Table 2. Rainfall Anomalies Averaged Over 70°–85°E, 15°–25°N and the Average Number of Days Per Events at Each Node for Method-1
Rainfall Anomalies (mm day−1)
−3.23 (1,3)−0.81 (2,3)1.10 (3,3)
−2.48 (1,2)0.12 (2,2)2.61 (3,2)
−1.49 (1,1)0.64 (2,1)4.35 (3,1)
Average Number of Days Per Events
10.23 (1,3)2.80 (2,3)3.94 (3,3)
3.32 (1,2)2.38 (2,2)2.74 (3,2)
4.78 (1,1)2.96 (2,1)9.61 (3,1)

[18] Importantly, if we plot the composite rainfall anomalies over the Indian subcontinent corresponding to the dates clustered at each SOM node (Figure 1), nodes (3,1) and (1,3) reproduce well-known patterns of active and break phases, respectively, with considerable regional details. The other nodes represent developing or decaying active/break phases. Further, northward propagation of rainfall anomalies can be clearly seen by following the nodes in Figure 1 in a clock-wise direction starting from node (1,1).

Figure 1.

Rainfall anomalies (mm day−1) for the days clustered at each SOM node, for Method-1.

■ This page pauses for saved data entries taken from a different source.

-- ===== src/Lexer/Loops.antt =====
-- cpp/src/lexer.cpp: the loops over the characters. Each has `size` as its fuel, and one more.
use lulu.Prelude.{ℕ, zero, suc, ◌+◌, Bool, true, false, not, ◌&&◌, ◌||◌, leb, ◌==◌, if◌then◌else◌}
use lulu.Lexer.{
  Lexer, Result, ok, out_of_fuel, error, unterminated_multiline, ◌>>=◌, is_eof, advance, save,
  save_advance, advance_fn, check, match_char, size,
}

unfoldable pub get_nesting_loop : ℕ → Bool → ℕ → Lexer → Result (ℕ × Lexer)
get_nesting_loop zero do_save count x = out_of_fuel
get_nesting_loop (suc fuel) do_save count x = elim (not (is_eof x) && check x b'=') [
  | true ↦ do (ch, y) ← advance_fn do_save x; get_nesting_loop fuel do_save (suc count) y
  | false ↦ ok (count, x)
]

unfoldable pub get_nesting : Lexer → Bool → Result (ℕ × Lexer)
get_nesting x do_save = get_nesting_loop (suc (size x)) do_save 0 x

-- the `for` loop that saves the `=` of a bracket that did not close
unfoldable pub save_equals : ℕ → Lexer → Result Lexer
save_equals zero x = ok x
save_equals (suc n) x = do y ← save x b'='; save_equals n y

unfoldable pub save_bracket : Bool → ℕ → Lexer → Result Lexer
save_bracket false nest_close x = ok x
save_bracket true nest_close x = do y ← save x b']'; z ← save_equals nest_close y; save z b']'

-- behind a `]`: the lexer, and whether the sequence ended
unfoldable pub close_bracket : ℕ → Bool → Lexer → Result (Bool × Lexer)
close_bracket nest_open do_save x = do
  (nest_close, y) ← get_nesting x false
  let (found, z) = match_char y b']'
  elim (found && nest_open == nest_close) [
    | true ↦ ok (true, z)
    | false ↦ do w ← save_bracket do_save nest_close z; ok (false, w)
  ]

unfoldable pub count_line : ℕ → Lexer → Lexer
count_line ch x = if ch == b'\n' then record x { line = x.line + 1 } else x

unfoldable pub skip_multiline_loop : ℕ → ℕ → Bool → Lexer → Result Lexer
skip_multiline_loop zero nest_open do_save x = out_of_fuel
skip_multiline_loop (suc fuel) nest_open do_save x =
    let (bracket, y) = match_char x b']' in
    elim (is_eof x) [
      | true ↦ error x unterminated_multiline
      | false ↦ elim bracket [
        | true ↦ do
          (ended, z) ← close_bracket nest_open do_save y
          elim ended [ true ↦ ok z | false ↦ skip_multiline_loop fuel nest_open do_save z ]
        | false ↦ do
          (ch, z) ← advance_fn do_save y
          skip_multiline_loop fuel nest_open do_save (count_line ch z)
      ]
    ]

unfoldable pub skip_multiline : Lexer → ℕ → Bool → Result Lexer
skip_multiline x nest_open do_save = skip_multiline_loop (suc (size x)) nest_open do_save x

unfoldable pub skip_line_loop : ℕ → Lexer → Result Lexer
skip_line_loop zero x = out_of_fuel
skip_line_loop (suc fuel) x = elim (not (is_eof x) && not (check x b'\n')) [
  | true ↦ skip_line_loop fuel (advance x).1
  | false ↦ ok x
]

unfoldable pub skip_line : Lexer → Result Lexer
skip_line x = skip_line_loop (suc (size x)) x

-- behind the first `[` of a comment
unfoldable pub skip_bracket_comment : Lexer → Result Lexer
skip_bracket_comment x = do
  (nest_open, y) ← get_nesting x false
  let (second, z) = match_char y b'['
  elim second [ true ↦ skip_multiline z nest_open false | false ↦ skip_line z ]

unfoldable pub skip_comment : Lexer → Result Lexer
skip_comment x =
    let (bracket, y) = match_char x b'[' in
    elim bracket [ true ↦ skip_bracket_comment y | false ↦ skip_line y ]

unfoldable pub is_space : ℕ → Bool
is_space ch = ch == b'\n' || ch == b' ' || ch == b'\r' || ch == b'\t'

-- one round of `skip_whitespace`
unfoldable pub skip_space : Lexer → Lexer
skip_space x = (advance (count_line x.character x)).1

unfoldable pub skip_whitespace_loop : ℕ → Lexer → Result Lexer
skip_whitespace_loop zero x = out_of_fuel
skip_whitespace_loop (suc fuel) x = elim (is_space x.character) [
  | true ↦ skip_whitespace_loop fuel (skip_space x)
  | false ↦ ok x
]

unfoldable pub skip_whitespace : Lexer → Result Lexer
skip_whitespace x = skip_whitespace_loop (suc (size x)) x

unfoldable pub is_upper : ℕ → Bool
is_upper ch = leb b'A' ch && leb ch b'Z'

unfoldable pub is_lower : ℕ → Bool
is_lower ch = leb b'a' ch && leb ch b'z'

unfoldable pub is_number : ℕ → Bool
is_number ch = leb b'0' ch && leb ch b'9'

unfoldable pub is_alpha : ℕ → Bool
unfolding is_upper is_lower
is_alpha ch = is_upper ch || is_lower ch || ch == b'_'

unfoldable pub is_ident : ℕ → Bool
unfolding is_alpha is_number
is_ident ch = is_alpha ch || is_number ch

unfoldable pub consume_loop : ℕ → (ℕ → Bool) → Lexer → Result Lexer
consume_loop zero predicate x = out_of_fuel
consume_loop (suc fuel) predicate x = elim (not (is_eof x) && predicate x.character) [
  | true ↦ do (ch, y) ← save_advance x; consume_loop fuel predicate y
  | false ↦ ok x
]

unfoldable pub consume_sequence : Lexer → (ℕ → Bool) → Result Lexer
consume_sequence x predicate = consume_loop (suc (size x)) predicate x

[19] The propagation characteristics of each SOM node are shown in Figure 2, which depicts the probability (as a percentage) of propagation of each node. If we start from, say, node (1,1), that node is seen to exhibit a maximum probability to move to node (1,2), although there are chances that it may go to node (2,1) or node (2,2). Likewise, node (1,2) has an approximate 60% chance of going to node (1,3), but there are still chances, with less probability of course, that the MISO may opt for any of nodes (1,1), (1,3), (2,2), or (2,3). Thus, in a broad sense, the ISO cycle has a maximum probability of following the path (1,1) → (1,2) → (1,3) → (2,3) → (3,3) → (3,2) → (3,1) → (2,1) → (1,1). However, since ISOs are chaotic and exhibit event-to-event variability, they can also follow different paths, and there is a likelihood that the neutral node (2,2) also get involved in the ISO path, thus lengthening/shortening the total period of the ISO cycle.

Figure 2.

Propagation characteristics of each SOM node, for Method-1.

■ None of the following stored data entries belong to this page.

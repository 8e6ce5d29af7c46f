-- ===== src/Lexer/Tokens.antt =====
-- cpp/src/lexer.hpp, lexer.cpp: the tokens, their texts and the keywords.
use lulu.Prelude.{ℕ, Bool, true, false, ◌&&◌, List, [], ◌∷◌, ◌==◌, if◌then◌else◌}

pub data TokenType : Type 0 where
  token_invalid token_and token_break token_do token_else token_elseif token_end : TokenType
  token_false token_for token_function token_if token_in token_local token_nil token_not : TokenType
  token_or token_repeat token_return token_then token_true token_until token_while : TokenType
  token_open_paren token_close_paren token_open_curly token_close_curly token_open_brace : TokenType
  token_close_brace token_plus token_dash token_asterisk token_slash token_percent : TokenType
  token_caret token_eq token_not_eq token_less token_less_eq token_greater : TokenType
  token_greater_eq token_pound token_dot token_concat token_vararg token_comma token_colon :
      TokenType
  token_semi token_assign token_ident token_number token_string token_eof : TokenType

-- `Token`: the union holds a number or an interned string, here its text. `Token::make` with no
-- number holds the number 0, which is `no_payload`.
pub data Payload (Number : Type 0) : Type 0 where
  no_payload : Payload Number
  number : Number → Payload Number
  ostring : List ℕ → Payload Number

pub record Token (Number : Type 0) : Type 0 where
  pub type : TokenType
  pub payload : Payload Number

unfoldable pub token_strings : TokenType → List ℕ
token_strings token_and = b'a' ∷ b'n' ∷ b'd' ∷ []
token_strings token_break = b'b' ∷ b'r' ∷ b'e' ∷ b'a' ∷ b'k' ∷ []
token_strings token_do = b'd' ∷ b'o' ∷ []
token_strings token_else = b'e' ∷ b'l' ∷ b's' ∷ b'e' ∷ []
token_strings token_elseif = b'e' ∷ b'l' ∷ b's' ∷ b'e' ∷ b'i' ∷ b'f' ∷ []
token_strings token_end = b'e' ∷ b'n' ∷ b'd' ∷ []
token_strings token_false = b'f' ∷ b'a' ∷ b'l' ∷ b's' ∷ b'e' ∷ []
token_strings token_for = b'f' ∷ b'o' ∷ b'r' ∷ []
token_strings token_function = b'f' ∷ b'u' ∷ b'n' ∷ b'c' ∷ b't' ∷ b'i' ∷ b'o' ∷ b'n' ∷ []
token_strings token_if = b'i' ∷ b'f' ∷ []
token_strings token_in = b'i' ∷ b'n' ∷ []
token_strings token_local = b'l' ∷ b'o' ∷ b'c' ∷ b'a' ∷ b'l' ∷ []
token_strings token_nil = b'n' ∷ b'i' ∷ b'l' ∷ []
token_strings token_not = b'n' ∷ b'o' ∷ b't' ∷ []
token_strings token_or = b'o' ∷ b'r' ∷ []
token_strings token_repeat = b'r' ∷ b'e' ∷ b'p' ∷ b'e' ∷ b'a' ∷ b't' ∷ []
token_strings token_return = b'r' ∷ b'e' ∷ b't' ∷ b'u' ∷ b'r' ∷ b'n' ∷ []
token_strings token_then = b't' ∷ b'h' ∷ b'e' ∷ b'n' ∷ []
token_strings token_true = b't' ∷ b'r' ∷ b'u' ∷ b'e' ∷ []
token_strings token_until = b'u' ∷ b'n' ∷ b't' ∷ b'i' ∷ b'l' ∷ []
token_strings token_while = b'w' ∷ b'h' ∷ b'i' ∷ b'l' ∷ b'e' ∷ []
token_strings token_open_paren = b'(' ∷ []
token_strings token_close_paren = b')' ∷ []
token_strings token_open_curly = b'{' ∷ []
token_strings token_close_curly = b'}' ∷ []
token_strings token_open_brace = b'[' ∷ []
token_strings token_close_brace = b']' ∷ []
token_strings token_plus = b'+' ∷ []
token_strings token_dash = b'-' ∷ []
token_strings token_asterisk = b'*' ∷ []
token_strings token_slash = b'/' ∷ []
token_strings token_percent = b'/' ∷ []
token_strings token_caret = b'^' ∷ []
token_strings token_eq = b'=' ∷ b'=' ∷ []
token_strings token_not_eq = b'~' ∷ b'=' ∷ []
token_strings token_less = b'<' ∷ []
token_strings token_less_eq = b'<' ∷ b'=' ∷ []
token_strings token_greater = b'>' ∷ []
token_strings token_greater_eq = b'>' ∷ b'=' ∷ []
token_strings token_pound = b'#' ∷ []
token_strings token_dot = b'.' ∷ []
token_strings token_concat = b'.' ∷ b'.' ∷ []
token_strings token_vararg = b'.' ∷ b'.' ∷ b'.' ∷ []
token_strings token_comma = b',' ∷ []
token_strings token_colon = b':' ∷ []
token_strings token_semi = b';' ∷ []
token_strings token_assign = b'=' ∷ []
token_strings token_ident = b'<' ∷ b'i' ∷ b'd' ∷ b'e' ∷ b'n' ∷ b't' ∷ b'>' ∷ []
token_strings token_number = b'<' ∷ b'n' ∷ b'u' ∷ b'm' ∷ b'b' ∷ b'e' ∷ b'r' ∷ b'>' ∷ []
token_strings token_string = b'<' ∷ b's' ∷ b't' ∷ b'r' ∷ b'i' ∷ b'n' ∷ b'g' ∷ b'>' ∷ []
token_strings token_eof = b'<' ∷ b'e' ∷ b'o' ∷ b'f' ∷ b'>' ∷ []
token_strings token_invalid = []

-- the loop of `lexer_global_init`
abbrev pub keywords : List TokenType
keywords =
    token_and ∷ token_break ∷ token_do ∷ token_else ∷ token_elseif ∷ token_end ∷ token_false
    ∷ token_for ∷ token_function ∷ token_if ∷ token_in ∷ token_local ∷ token_nil ∷ token_not
    ∷ token_or ∷ token_repeat ∷ token_return ∷ token_then ∷ token_true ∷ token_until ∷ token_while
    ∷ []

unfoldable pub same_text : List ℕ → List ℕ → Bool
same_text [] [] = true
same_text (a ∷ xs) (b ∷ ys) = (a == b) && same_text xs ys
same_text _ _ = false

unfoldable pub keyword_in : List TokenType → List ℕ → TokenType
unfolding same_text token_strings
keyword_in [] text = token_invalid
keyword_in (t ∷ ts) text =
    let later = keyword_in ts text in if same_text (token_strings t) text then t else later

-- `keyword_type` of the interned string with this text
unfoldable pub keyword_type : List ℕ → TokenType
unfolding keyword_in
keyword_type = keyword_in keywords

[20] Having said that the extreme nodes have maximum residence time, we calculated and plotted the cumulative rainfall anomaly (CRA; averaged over the entire Indian subcontinent, i.e., over all Indian land points), associated with the days clustered at each node (Figure 3). The percentage contribution of the CRA at each node, to the seasonal mean is also depicted in Figure 3. Note that the maximum contribution comes from extreme nodes (1,3) and (3,1). The contributions from all other nodes are meager. Thus, it is noteworthy that, if we could find some relation of the rainfall or the residence time associated with these two nodes with the ENSO Index, then the seasonal mean prediction could be improved.

Figure 3.

The year-wise contribution of the cumulative rainfall anomalies (mm day−1) averaged over all Indian land points, corresponding to the dates clustered at each SOM node, to the seasonal mean rainfall, for Method-1. The percentage variance explained by each node is also depicted.

3.1.2. Method-2

[21] Table 3 illustrates composited rainfall anomalies averaged over the CI region and the average number of days per event clustered at each SOM node, for Method-2. Note that even after removing the effect of ENSO on the seasonal mean, the rainfall anomalies at each node still correspond to various shades of ISO (compare with Table 2). Compared to Method-1 values, the node values have not markedly changed. The average number of days per event are highest for extreme nodes (1,3) and (3,1), that is, for the intense break and active phases, respectively. The number of days per ISO episode totals 42, which indicates that, in Method-2, a complete ISO cycle is clustered by the SOM.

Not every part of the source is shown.